The Laravel scheduler dispatches appstorecat:apps:sync-tracked on each platform every 20 minutes, capped at SYNC_{PLATFORM}_TRACKED_BATCH_SIZE apps per tick (default 5). The command walks the priority tiers above until the batch is full.
Chart Collection
Section titled “Chart Collection”Trending charts are synced daily for every active country:
- Collections:
top_free,top_paid,top_grossing - Depth: Up to 200 apps per chart
- Queues:
charts-ios/charts-android - Apps discovered from charts are tagged
discovered_from: trending
Change Detection
Section titled “Change Detection”When a listing is synced, its contents are hashed into a checksum. If the checksum differs from the previous sync and the previous listing belongs to a different app_version:
- Each field (title, subtitle, promotional_text, description, whats_new, screenshots) is compared one by one
- Changed fields produce
StoreListingChangerecords with old/new values - Locale additions and removals are also tracked as
locale_added/locale_removed
Upserts inside the same version are skipped, which prevents phantom rows when the scraper catches the same locale twice in a single pass.

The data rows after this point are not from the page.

-- ===== src/TalkServer/Table.antt =====
-- The parent's table against the children that there are.
use Prim.Native.Nat.{◌≤◌, ◌<◌}
use mathlib.Core.Path.{subst}
use c_language_learnning.Base.{
  ℕ, ◌+◌, ◌-◌, ◌≡◌, ◌≢◌, refl, sym, ap, ◌∙◌, none, some, true, false, List, ltb, ◌==◌, arith,
  Bool-cases, inl, inr,
}
use c_language_learnning.Base.Int.{pos, negsuc}
use c_language_learnning.TalkServer.{
  user_limit, Client, Server, put, start, Connection, enter, delete, reap, reap_all,
}
use c_language_learnning.TalkServer.System.{Children, Placed, Filled, Inv, Exits, no_more, exits}

pub start-Inv : (users : ℕ → Client) → Inv (start users) (λ pid. none)
unfolding start
start-Inv users = record {
  few = omega arith;
  placed = λ pid idx e. absurd (cc);
  filled = λ j l. absurd (omega (arith, l));
}

enter-Placed :
    (c : Connection) (pid : ℕ) (s : Server) (live : Children)
    → s.user_count < user_limit
    → Inv s live
    → (p idx : ℕ) → put live pid (some s.user_count) p ≡ some idx
    → Placed (enter c (some pid) s).0 p idx
unfolding enter
enter-Placed c pid s live room v p idx e = elim (Bool-cases (p == pid)) [
  | inl new ↦ record {
    place = s.user_count;
    low = omega arith;
    there = ground (arith, new);
    mapped = rw new refl;
    idx_low = ground (arith, new, e);
  }
  | inr old ↦
      let w = v.placed p idx (rw old at e) in
      record {
        place = w.place;
        low = omega (arith, w.low);
        there = ground (arith, w.low, w.there);
        mapped = rw old w.mapped;
        idx_low = w.idx_low;
      }
]

enter-Filled :
    (c : Connection) (pid : ℕ) (s : Server) (live : Children)
    → live pid ≡ none
    → Inv s live
    → (j : ℕ) → j < s.user_count + 1
    → Filled (enter c (some pid) s).0 (put live pid (some s.user_count)) j
unfolding enter
enter-Filled c pid s live fresh v j l = elim (Bool-cases (j == s.user_count)) [
  | inl new ↦
      let hit : (pid == pid) ≡ true = ground arith in
      let at : j ≡ s.user_count = ground (arith, new) in
      record {
        idx = s.user_count;
        alive = rw new (rw hit refl);
        back = rw new (rw hit (ap pos (sym at)));
      }
  | inr old ↦
      let w = v.filled j (ground (arith, old)) in
      let other_pid : ((s.users j).pid == pid) ≡ false = ground (arith, fresh, w.alive) in
      record {
        idx = w.idx;
        alive = rw old (rw other_pid w.alive);
        back = rw old (rw other_pid w.back);
      }
]

pub enter-Inv :
    (c : Connection) (pid : ℕ) (s : Server) (live : Children)
    → live pid ≡ none
    → s.user_count < user_limit
    → Inv s live
    → Inv (enter c (some pid) s).0 (put live pid (some s.user_count))
unfolding enter
enter-Inv c pid s live fresh room v = record {
  few = omega arith;
  placed = enter-Placed c pid s live room v;
  filled = enter-Filled c pid s live fresh v;
}

-- The parent once the child at place `d` is gone: the last user takes its place.
abbrev moved : Server → ℕ → ℕ → Server
moved s pid d = record s {
  users = put s.users d (s.users (s.user_count - 1));
  user_count = s.user_count - 1;
  sub_process = put (put s.sub_process pid (negsuc 0)) (s.users (s.user_count - 1)).pid (pos d);
}

pub reap-moved :
    (pid d : ℕ) (s : Server)
    → s.sub_process pid ≡ pos d
    → d ≤ user_limit
    → (reap pid s).0 ≡ moved s pid d
unfolding reap delete
reap-moved pid d s e low =
    let inside : ltb user_limit d ≡ false = ground arith in rw (e, inside) refl

pos_eq : (i j : ℕ) → pos i ≡ pos j → i ≡ j
pos_eq i j e = cc

-- Two places of the table have different children.
pub place_unique :
    (s : Server) (live : Children)
    → Inv s live
    → (i j : ℕ) → i < s.user_count
    → j < s.user_count
    → (s.users i).pid ≡ (s.users j).pid
    → i ≡ j
place_unique s live v i j hi hj e =
    let a = (v.filled i hi).back in
    let b = (v.filled j hj).back in pos_eq i j (sym a ∙ ap s.sub_process e ∙ b)

-- A child that stays, at its place before: the last place becomes `d`.
moved-Placed-at :
    (s : Server) (live : Children) (pid d : ℕ)
    → Inv s live
    → d < s.user_count
    → (s.users d).pid ≡ pid
    → (p idx : ℕ) → p ≢ pid
    → Placed s p idx
    → Placed (moved s pid d) p idx
moved-Placed-at s live pid d v low at p idx ne w = elim (Bool-cases (w.place == s.user_count - 1)) [
  | inl last ↦
      let place_last : w.place ≡ s.user_count - 1 = ground (arith, last) in
      let last_pid : (s.users (s.user_count - 1)).pid ≡ p =
        ap (λ i. (s.users i).pid) (sym place_last) ∙ w.there in
      let d_ne : d ≢ s.user_count - 1 =
        λ q. ne (sym last_pid ∙ ap (λ i. (s.users i).pid) (sym q) ∙ at) in
      let hit : (p == (s.users (s.user_count - 1)).pid) ≡ true = ground (arith, last_pid) in
      let at_d : (d == d) ≡ true = ground arith in
      record {
        place = d;
        low = omega (arith, low, d_ne);
        there = rw at_d last_pid;
        mapped = rw hit refl;
        idx_low = w.idx_low;
      }
  | inr before ↦
      let place_ne : w.place ≢ s.user_count - 1 = ground (arith, before) in
      let d_ne : w.place ≢ d = λ q. ne (sym w.there ∙ ap (λ i. (s.users i).pid) q ∙ at) in
      let miss_d : (w.place == d) ≡ false = ground (arith, d_ne) in
      let other : p ≢ (s.users (s.user_count - 1)).pid = λ q. place_ne (
        place_unique s live v w.place (s.user_count - 1) w.low (omega (arith, low))
          (w.there ∙ q)) in
      let miss_last : (p == (s.users (s.user_count - 1)).pid) ≡ false = ground (arith, other) in
      let miss : (p == pid) ≡ false = ground (arith, ne) in
      record {
        place = w.place;
        low = omega (arith, w.low, place_ne);
        there = rw miss_d w.there;
        mapped = rw miss_last (rw miss w.mapped);
        idx_low = w.idx_low;
      }
]

-- A place that stays: the child there is the one from before, or the last one.
moved-Filled :
    (s : Server) (live : Children) (pid d : ℕ)
    → Inv s live
    → d < s.user_count
    → (s.users d).pid ≡ pid
    → (j : ℕ) → j < s.user_count - 1
    → Filled (moved s pid d) (put live pid none) j
moved-Filled s live pid d v low at j l =
    let last = s.user_count - 1 in
    let last_low : last < s.user_count = omega (arith, low) in
    elim (Bool-cases (j == d)) [
      | inl here ↦
          let w = v.filled last last_low in
          let j_d : j ≡ d = ground (arith, here) in
          let other : (s.users last).pid ≢ pid = λ q.
            absurd
              (omega (arith, l, j_d, place_unique s live v last d last_low low (q ∙ sym at))) in
          let miss : ((s.users last).pid == pid) ≡ false = ground (arith, other) in
          let hit : ((s.users last).pid == (s.users last).pid) ≡ true = ground arith in
          record {
            idx = w.idx;
            alive = rw here (rw miss w.alive);
            back = rw here (rw hit (ap pos (sym j_d)));
          }
      | inr there ↦
          let j_low : j < s.user_count = omega (arith, l) in
          let w = v.filled j j_low in
          let j_ne : j ≢ d = ground (arith, there) in
          let other : (s.users j).pid ≢ pid =
            λ q. j_ne (place_unique s live v j d j_low low (q ∙ sym at)) in
          let other_last : (s.users j).pid ≢ (s.users last).pid =
            λ q. absurd (omega (arith, l, place_unique s live v j last j_low last_low q)) in
          let miss : ((s.users j).pid == pid) ≡ false = ground (arith, other) in
          let miss_last : ((s.users j).pid == (s.users last).pid) ≡ false =
            ground (arith, other_last) in
          record {
            idx = w.idx;
            alive = rw there (rw miss w.alive);
            back = rw there (rw miss_last (rw miss w.back));
          }
    ]

reap-Inv :
    (pid idx : ℕ) (s : Server) (live : Children)
    → live pid ≡ some idx
    → Inv s live
    → Inv (reap pid s).0 (put live pid none)
reap-Inv pid idx s live e v =
    let w = v.placed pid idx e in
    let inv : Inv (moved s pid w.place) (put live pid none) = record {
      few = omega (arith, v.few);
      placed = λ p i q.
          let ne : p ≢ pid = ground (arith, q) in
          let miss : (p == pid) ≡ false = ground (arith, ne) in
          moved-Placed-at s live pid w.place v w.low w.there p i ne (v.placed p i (rw miss at q));
      filled = moved-Filled s live pid w.place v w.low w.there;
    } in
    subst (λ t. Inv t (put live pid none))
      (sym (reap-moved pid w.place s w.mapped (omega (arith, w.low, v.few)))) inv

pub reap_all-Inv :
    (s : Server) (live live' : Children) (pids : List ℕ)
    → Exits live pids live'
    → Inv s live
    → Inv (reap_all pids s).0 live'
unfolding reap_all
reap_all-Inv s live live' pids no_more v = v
reap_all-Inv s live live' _ (exits {pids = pids} pid idx e rest) v =
    reap_all-Inv (reap pid s).0 (put live pid none) live' pids rest (reap-Inv pid idx s live e v)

This feature powers the Changes tab on the web; it shows a timeline of store listing changes across tracked and competitor apps.
Failed Item Reconciliation
Section titled “Failed Item Reconciliation”If the sync fails for an item (e.g. transient 5xx), it is stored in sync_statuses.failed_items with a reason tag. ReconcileFailedItemsJob retries these items up to a configured maximum attempt count per reason. 404 responses from the scraper are classified as empty_response and treated as permanent “not available on this storefront” — they are not retried.